What is the proper plain-English interpretation of these models (unit of measure is month)?

  1. $\text{ARIMA}(4,1,1)$
  2. $\text{ARIMA}(3,1,3)(1,0,2)_{12}$
  3. $\text{ARIMA}(0,1,1)$
  4. $\text{ARIMA}(1,1,0)$

My attempt:

  1. The value of the current month depends on the values of the last four months along with the prediction error of the last month.
  2. (not sure)
  3. The value of the current month depends only on the prediction error of the last month
  4. The value of the current month depends only on the value from the last month

1, 3 and 4 can be interpreted in plain English. 2... I'm unsure about.

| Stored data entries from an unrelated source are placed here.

-- ===== src/Player/Tests.antt =====
-- The pacing of the player at concrete times.
use discord_native_voice.Prelude.{
  ℕ, ◌+◌, ◌≤◌, ◌≡◌, refl, max, true, false, none, some, List, [], ◌∷◌, arith,
}
use discord_native_voice.Player.{
  PlayerStats, VideoRound, VideoSettings, VideoState, next_video_time, video_turn,
  video_send_interval_p95, turn_delay,
}
use discord_native_voice.Player.Pacing.{
  slack, next_video_time_lem, IsStats, IsTurn, video_turn-IsTurn,
}

abbrev no_stats : PlayerStats
no_stats = record {
  audio_frames_sent = 0;
  audio_send_total = 0;
  audio_send_max = 0;
  video_frame_batches_sent = 0;
  video_frames_sent = 0;
  video_packets_sent = 0;
  video_send_total = 0;
  video_send_max = 0;
  last_video_send_started_at = none;
  intervals = [];
  late_video_frames = 0;
  max_video_late = 0;
  sleep_count = 0;
  sleep_total = 0;
  sleep_max = 0;
}

-- A round that sends a frame of 33 ms in three packets.
abbrev sending_at : ℕ → VideoRound
sending_at now = record {
  now = now;
  transport_started = true;
  ended = false;
  has_streams = true;
  keyframes_sent = false;
  frames = some (33_000 ∷ []);
  packets = 3;
  send_started = now;
  send_ended = now + 500;
  after = now + 600;
}

abbrev live : VideoSettings
live = record { realtime = true; fps = some 30; retry_delay = none; catchup_frames = some 20 }

abbrev fresh : VideoState
fresh = record { next_video = 0; video_done = false; stopped = false; stats = no_stats }

abbrev rounds : List VideoRound
rounds = sending_at 70_000 ∷ sending_at 71_000 ∷ sending_at 110_000 ∷ []

-- The first round is late by 70 ms, the second comes before the next frame is due.
turn_sends_once : (video_turn live none 70_000 rounds fresh).stats.video_frames_sent ≡ 1
unfolding video_turn
turn_sends_once = refl

turn_next : (video_turn live none 70_000 rounds fresh).next_video ≡ 99_999
unfolding video_turn
turn_next = refl

p95_of_four : video_send_interval_p95 (30 ∷ 10 ∷ 40 ∷ 20 ∷ []) ≡ 30
unfolding video_send_interval_p95
p95_of_four = refl

delay_to_audio : turn_delay 1000 (some 6000) (some 9000) ≡ 5000
unfolding turn_delay
delay_to_audio = refl

next_video_time_lem_example :
    (0 + 33_333 ≤ next_video_time true 70_000 0 33_333)
    × (70_000 ≤ next_video_time true 70_000 0 33_333 + slack true 33_333)
    × (next_video_time true 70_000 0 33_333 ≤ max (0 + 33_333) (70_000 + 33_333))
next_video_time_lem_example = next_video_time_lem true 70_000 0 33_333 (omega arith)

no_stats-IsStats : IsStats no_stats
no_stats-IsStats = omega arith

video_turn-IsTurn_example : IsTurn 16 (video_turn live none 70_000 rounds fresh)
video_turn-IsTurn_example = video_turn-IsTurn live none 70_000 rounds fresh no_stats-IsStats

Note first that all your ARIMA processes are integrated of order 1 (that's the middle 1). We therefore are not discussing each month's value itself, but its increment over the previous month's value.

We will translate your ARIMA processes into formulas, then into plain English. For the first step, we use the backshift operator $B$:

$$ By_t = y_{t-1} \quad\text{(and }Be_t=e_{t-1}).$$

And we will use an abbreviation:

$$ \Delta y_t := (1-B)y_t = y_t-y_{t-1}.$$

Note that

$$ B\Delta y_t = B(1-B)y_t = B(y_t-y_{t-1}) = y_{t-1}-y_{t-2}=\Delta y_{t-1}.$$

I'll go through your processes not in the order you gave them, but in the order in which they are easiest to understand. For 1, 3 and 4, I recommend section 8.5 of Hyndman & Athanasopoulos, Forecasting: Principles and Practice.

  1. $\text{ARIMA}(1,1,0)$: we have

    $$ (1-\phi_1B)(1-B)y_t = c+e_t $$


    $$ \Delta y_t = c + \phi_1 B\Delta y_t + e_t. $$

    Thus, the increment month-over-month $\Delta y_t$ depends on the previous increment $\phi_1 B\Delta y_t=\phi_1\Delta y_{t-1}$, plus a constant $c$ and an innovation $e_t$.

    1. $\text{ARIMA}(0,1,1)$: we have

    $$ (1-B)y_t = c+(1-\theta_1B)e_t $$


    $$ \Delta y_t = c + e_t + \theta_1 Be_t. $$

    Thus, the increment depends only on the current innovation $e_t$ and the previous innovation $\theta_1Be_t = \theta_1e_{t-1}$, plus a constant $c$.

    1. $\text{ARIMA}(4,1,1)$: we have

    $$ (1-\phi_1B^1-\phi_2B^2-\phi_3B^3-\phi_4B^4)(1-B)y_t = c + (1-\theta_1B)e_t $$


    $$ \Delta y_t = c + \phi_1\Delta y_{t-1} + \phi_2\Delta y_{t-2} + \phi_3\Delta y_{t-3} + \phi_4\Delta y_{t-4} + e_t+\theta_1 e_{t-1}. $$

    Thus, the increment depends on the previous four increments, plus the innovation and the previous innovation. And a constant.

Your last ARIMA process is seasonal. Refer to section 8.9 of the book, on seasonal ARIMA models.

  1. $\text{ARIMA}(3,1,3)(1,0,2)_{12}$: we have

    $$ (1-\phi_1B-\phi_2B^2-\phi_3B^3)(1-\Phi_1B^{12})(1-B)y_t = (1+\theta_1B+\theta_2B^2+\theta_3B^3)(1+\Theta_1B^{12}+\Theta_2B^{24})e_t. $$

    The seasonal parts here are the ones with lags of order 12 or 24. If you want to "simplify" this, go ahead. I don't think you'll find a plain English interpretation lurking anywhere here.

If you have read this far, you may wonder whether I didn't forget a constant in the last process. No, I didn't. There are different conventions on whether ARIMA processes include a constant or not. For instance, section 8.5 of the book assumes a constant, while section 8.9 doesn't. So it's always a good idea to indicate whether your process includes a constant or not. (And note that a constant in an integrated process of course means that the increment has a non-zero constant $c$ - i.e., that the original series has a trend of slope $c$.)